EXERCISE
Pick every line out of the entries below that has the string "moved", and copy it.

[Collected data]

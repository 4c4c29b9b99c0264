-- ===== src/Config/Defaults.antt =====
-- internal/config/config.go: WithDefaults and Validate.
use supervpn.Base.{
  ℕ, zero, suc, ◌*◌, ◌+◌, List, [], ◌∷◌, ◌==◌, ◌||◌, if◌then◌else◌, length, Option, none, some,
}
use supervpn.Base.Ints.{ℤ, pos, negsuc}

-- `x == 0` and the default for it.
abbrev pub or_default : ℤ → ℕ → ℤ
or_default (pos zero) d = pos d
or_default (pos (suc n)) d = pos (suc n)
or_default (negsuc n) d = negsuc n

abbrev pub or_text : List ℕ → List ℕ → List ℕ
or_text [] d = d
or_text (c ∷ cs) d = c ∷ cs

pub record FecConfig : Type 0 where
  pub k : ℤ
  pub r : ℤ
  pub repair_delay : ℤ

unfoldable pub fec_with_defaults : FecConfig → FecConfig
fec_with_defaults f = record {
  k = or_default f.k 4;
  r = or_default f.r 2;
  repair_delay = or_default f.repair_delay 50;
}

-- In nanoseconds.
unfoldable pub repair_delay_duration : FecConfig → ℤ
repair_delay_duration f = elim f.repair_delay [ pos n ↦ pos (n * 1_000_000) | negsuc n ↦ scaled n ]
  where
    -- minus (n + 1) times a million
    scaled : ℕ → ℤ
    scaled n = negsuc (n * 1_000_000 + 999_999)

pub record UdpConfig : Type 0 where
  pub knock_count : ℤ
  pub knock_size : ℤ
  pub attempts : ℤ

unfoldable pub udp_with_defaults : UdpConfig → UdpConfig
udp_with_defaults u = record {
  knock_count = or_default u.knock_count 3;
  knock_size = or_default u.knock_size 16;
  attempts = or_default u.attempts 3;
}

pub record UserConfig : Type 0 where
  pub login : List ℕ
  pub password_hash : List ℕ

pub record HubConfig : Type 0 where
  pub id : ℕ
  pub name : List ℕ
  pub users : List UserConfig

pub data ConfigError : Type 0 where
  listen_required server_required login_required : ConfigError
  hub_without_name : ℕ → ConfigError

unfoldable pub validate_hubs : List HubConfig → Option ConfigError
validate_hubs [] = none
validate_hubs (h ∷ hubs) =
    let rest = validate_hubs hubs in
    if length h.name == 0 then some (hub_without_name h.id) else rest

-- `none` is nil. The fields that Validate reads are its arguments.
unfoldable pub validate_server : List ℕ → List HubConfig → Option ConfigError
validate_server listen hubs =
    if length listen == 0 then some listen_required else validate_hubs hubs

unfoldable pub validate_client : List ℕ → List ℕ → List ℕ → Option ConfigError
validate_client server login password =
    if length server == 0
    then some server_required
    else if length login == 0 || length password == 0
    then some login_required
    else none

* * *

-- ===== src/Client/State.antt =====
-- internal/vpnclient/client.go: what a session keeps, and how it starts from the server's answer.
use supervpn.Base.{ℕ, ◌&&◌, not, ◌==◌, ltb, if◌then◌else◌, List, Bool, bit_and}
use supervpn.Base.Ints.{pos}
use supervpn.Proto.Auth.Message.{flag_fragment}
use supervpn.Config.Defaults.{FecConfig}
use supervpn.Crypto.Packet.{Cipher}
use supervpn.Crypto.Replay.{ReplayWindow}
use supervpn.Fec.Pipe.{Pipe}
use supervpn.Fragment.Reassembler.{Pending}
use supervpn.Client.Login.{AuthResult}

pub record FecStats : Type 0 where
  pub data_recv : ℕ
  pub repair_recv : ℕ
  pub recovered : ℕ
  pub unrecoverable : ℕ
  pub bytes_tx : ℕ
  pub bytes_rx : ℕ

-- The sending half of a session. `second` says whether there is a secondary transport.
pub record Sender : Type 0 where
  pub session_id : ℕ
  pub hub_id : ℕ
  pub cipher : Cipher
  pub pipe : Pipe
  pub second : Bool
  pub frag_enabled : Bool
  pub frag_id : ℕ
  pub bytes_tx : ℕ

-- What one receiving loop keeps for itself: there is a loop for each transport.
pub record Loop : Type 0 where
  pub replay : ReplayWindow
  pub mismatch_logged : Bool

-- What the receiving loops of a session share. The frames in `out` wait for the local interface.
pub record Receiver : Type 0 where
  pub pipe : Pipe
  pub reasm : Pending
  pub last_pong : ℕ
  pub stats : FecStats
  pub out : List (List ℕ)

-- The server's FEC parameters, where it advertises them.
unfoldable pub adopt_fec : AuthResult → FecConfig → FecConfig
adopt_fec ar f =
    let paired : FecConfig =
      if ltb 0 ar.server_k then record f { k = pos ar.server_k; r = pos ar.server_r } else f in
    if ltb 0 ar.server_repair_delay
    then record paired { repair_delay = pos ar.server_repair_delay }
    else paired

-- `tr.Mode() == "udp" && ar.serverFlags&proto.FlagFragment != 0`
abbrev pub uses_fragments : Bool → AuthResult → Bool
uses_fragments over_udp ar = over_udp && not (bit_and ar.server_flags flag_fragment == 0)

* * *

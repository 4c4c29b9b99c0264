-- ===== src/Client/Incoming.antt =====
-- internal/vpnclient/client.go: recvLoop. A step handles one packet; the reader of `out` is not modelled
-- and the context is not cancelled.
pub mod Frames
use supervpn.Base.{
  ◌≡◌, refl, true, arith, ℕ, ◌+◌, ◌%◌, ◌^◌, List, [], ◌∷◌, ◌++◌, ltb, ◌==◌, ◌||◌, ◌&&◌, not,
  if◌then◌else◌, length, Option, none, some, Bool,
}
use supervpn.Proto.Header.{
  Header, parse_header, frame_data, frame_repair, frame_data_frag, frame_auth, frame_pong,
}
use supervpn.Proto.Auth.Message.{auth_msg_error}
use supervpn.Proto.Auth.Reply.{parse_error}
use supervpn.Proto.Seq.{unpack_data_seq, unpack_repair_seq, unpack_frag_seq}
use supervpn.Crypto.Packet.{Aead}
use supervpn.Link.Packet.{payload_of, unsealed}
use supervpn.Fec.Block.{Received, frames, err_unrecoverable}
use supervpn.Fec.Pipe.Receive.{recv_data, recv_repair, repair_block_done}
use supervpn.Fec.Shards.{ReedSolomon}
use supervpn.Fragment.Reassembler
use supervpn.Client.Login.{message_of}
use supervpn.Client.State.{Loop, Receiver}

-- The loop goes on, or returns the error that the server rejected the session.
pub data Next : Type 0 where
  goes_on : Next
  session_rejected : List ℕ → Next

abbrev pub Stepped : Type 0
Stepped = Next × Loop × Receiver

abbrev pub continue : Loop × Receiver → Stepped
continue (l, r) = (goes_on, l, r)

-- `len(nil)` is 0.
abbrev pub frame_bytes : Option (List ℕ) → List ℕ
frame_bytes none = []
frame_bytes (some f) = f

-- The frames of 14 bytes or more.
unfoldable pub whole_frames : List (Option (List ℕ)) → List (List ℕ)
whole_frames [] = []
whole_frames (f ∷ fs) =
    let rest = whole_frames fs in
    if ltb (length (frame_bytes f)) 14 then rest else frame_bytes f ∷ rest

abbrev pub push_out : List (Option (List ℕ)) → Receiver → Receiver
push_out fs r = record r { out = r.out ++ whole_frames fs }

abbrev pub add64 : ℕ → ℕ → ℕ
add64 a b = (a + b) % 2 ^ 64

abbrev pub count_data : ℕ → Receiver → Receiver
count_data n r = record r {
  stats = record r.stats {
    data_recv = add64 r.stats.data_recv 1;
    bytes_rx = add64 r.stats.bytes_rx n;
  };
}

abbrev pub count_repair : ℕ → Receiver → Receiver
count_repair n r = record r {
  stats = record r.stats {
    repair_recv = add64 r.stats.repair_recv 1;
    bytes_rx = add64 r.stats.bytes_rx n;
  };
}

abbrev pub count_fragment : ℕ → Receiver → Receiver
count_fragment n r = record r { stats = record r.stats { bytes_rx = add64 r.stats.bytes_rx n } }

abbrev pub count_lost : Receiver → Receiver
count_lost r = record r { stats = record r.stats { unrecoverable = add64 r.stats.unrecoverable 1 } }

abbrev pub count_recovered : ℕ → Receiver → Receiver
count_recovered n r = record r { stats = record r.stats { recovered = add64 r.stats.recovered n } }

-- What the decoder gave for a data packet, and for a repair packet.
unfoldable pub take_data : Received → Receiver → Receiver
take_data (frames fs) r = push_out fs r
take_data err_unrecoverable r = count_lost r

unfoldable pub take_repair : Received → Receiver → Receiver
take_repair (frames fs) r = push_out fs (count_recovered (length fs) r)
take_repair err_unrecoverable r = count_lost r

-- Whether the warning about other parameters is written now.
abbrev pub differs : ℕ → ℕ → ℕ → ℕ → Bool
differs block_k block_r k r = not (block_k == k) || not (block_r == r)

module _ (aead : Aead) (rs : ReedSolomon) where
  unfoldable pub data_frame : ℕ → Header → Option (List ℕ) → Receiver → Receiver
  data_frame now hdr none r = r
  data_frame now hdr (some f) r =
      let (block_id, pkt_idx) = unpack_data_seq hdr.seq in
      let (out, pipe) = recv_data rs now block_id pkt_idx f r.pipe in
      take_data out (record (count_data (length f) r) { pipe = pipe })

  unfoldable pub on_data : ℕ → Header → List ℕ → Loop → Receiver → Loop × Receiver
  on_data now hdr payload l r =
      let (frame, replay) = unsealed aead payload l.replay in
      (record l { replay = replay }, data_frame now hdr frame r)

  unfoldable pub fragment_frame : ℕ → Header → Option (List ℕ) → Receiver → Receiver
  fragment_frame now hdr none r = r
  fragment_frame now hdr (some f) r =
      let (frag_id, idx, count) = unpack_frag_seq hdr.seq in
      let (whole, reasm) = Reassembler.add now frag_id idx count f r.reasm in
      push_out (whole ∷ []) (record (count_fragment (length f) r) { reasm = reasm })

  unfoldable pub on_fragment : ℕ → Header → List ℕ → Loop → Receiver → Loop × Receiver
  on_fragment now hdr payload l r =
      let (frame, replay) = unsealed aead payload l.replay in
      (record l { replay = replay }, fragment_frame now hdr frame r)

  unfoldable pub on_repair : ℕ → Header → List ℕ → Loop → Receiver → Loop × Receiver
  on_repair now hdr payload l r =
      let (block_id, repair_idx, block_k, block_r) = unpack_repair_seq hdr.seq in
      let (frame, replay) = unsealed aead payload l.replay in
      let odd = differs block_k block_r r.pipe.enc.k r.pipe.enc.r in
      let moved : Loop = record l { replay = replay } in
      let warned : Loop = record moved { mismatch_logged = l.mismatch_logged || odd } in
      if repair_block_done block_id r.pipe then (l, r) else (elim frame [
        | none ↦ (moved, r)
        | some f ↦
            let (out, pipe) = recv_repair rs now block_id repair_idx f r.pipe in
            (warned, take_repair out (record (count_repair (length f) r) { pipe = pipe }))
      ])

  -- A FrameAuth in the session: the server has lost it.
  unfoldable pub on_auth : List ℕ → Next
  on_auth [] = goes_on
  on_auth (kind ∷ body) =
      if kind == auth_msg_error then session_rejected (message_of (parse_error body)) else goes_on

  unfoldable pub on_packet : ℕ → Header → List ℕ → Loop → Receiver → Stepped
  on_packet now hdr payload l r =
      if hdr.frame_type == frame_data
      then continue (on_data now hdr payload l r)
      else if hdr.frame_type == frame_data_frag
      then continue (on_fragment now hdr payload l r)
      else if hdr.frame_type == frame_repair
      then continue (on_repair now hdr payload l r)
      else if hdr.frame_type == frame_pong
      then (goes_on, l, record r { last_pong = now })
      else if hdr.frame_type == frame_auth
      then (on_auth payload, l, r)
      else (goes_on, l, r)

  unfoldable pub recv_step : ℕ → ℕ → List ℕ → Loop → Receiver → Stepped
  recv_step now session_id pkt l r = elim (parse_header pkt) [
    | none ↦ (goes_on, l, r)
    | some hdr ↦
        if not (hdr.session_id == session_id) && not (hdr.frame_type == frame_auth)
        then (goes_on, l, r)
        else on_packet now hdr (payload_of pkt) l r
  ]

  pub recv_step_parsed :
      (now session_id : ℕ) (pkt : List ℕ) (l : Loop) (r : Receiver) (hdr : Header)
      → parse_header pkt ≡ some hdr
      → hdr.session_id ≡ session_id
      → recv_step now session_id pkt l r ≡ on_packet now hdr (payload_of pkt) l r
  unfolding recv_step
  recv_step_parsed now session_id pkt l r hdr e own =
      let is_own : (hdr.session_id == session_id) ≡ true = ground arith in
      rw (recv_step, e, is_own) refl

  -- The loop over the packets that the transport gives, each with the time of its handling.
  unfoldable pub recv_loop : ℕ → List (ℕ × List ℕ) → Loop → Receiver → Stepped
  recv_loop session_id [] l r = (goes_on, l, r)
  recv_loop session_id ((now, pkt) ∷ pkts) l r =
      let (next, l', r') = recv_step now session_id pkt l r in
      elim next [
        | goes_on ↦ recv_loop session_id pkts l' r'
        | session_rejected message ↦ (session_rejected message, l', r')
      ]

ANSWER TO THIS EXERCISE
      let moved : Loop = record l { replay = replay } in
      let warned : Loop = record moved { mismatch_logged = l.mismatch_logged || odd } in
        | none ↦ (moved, r)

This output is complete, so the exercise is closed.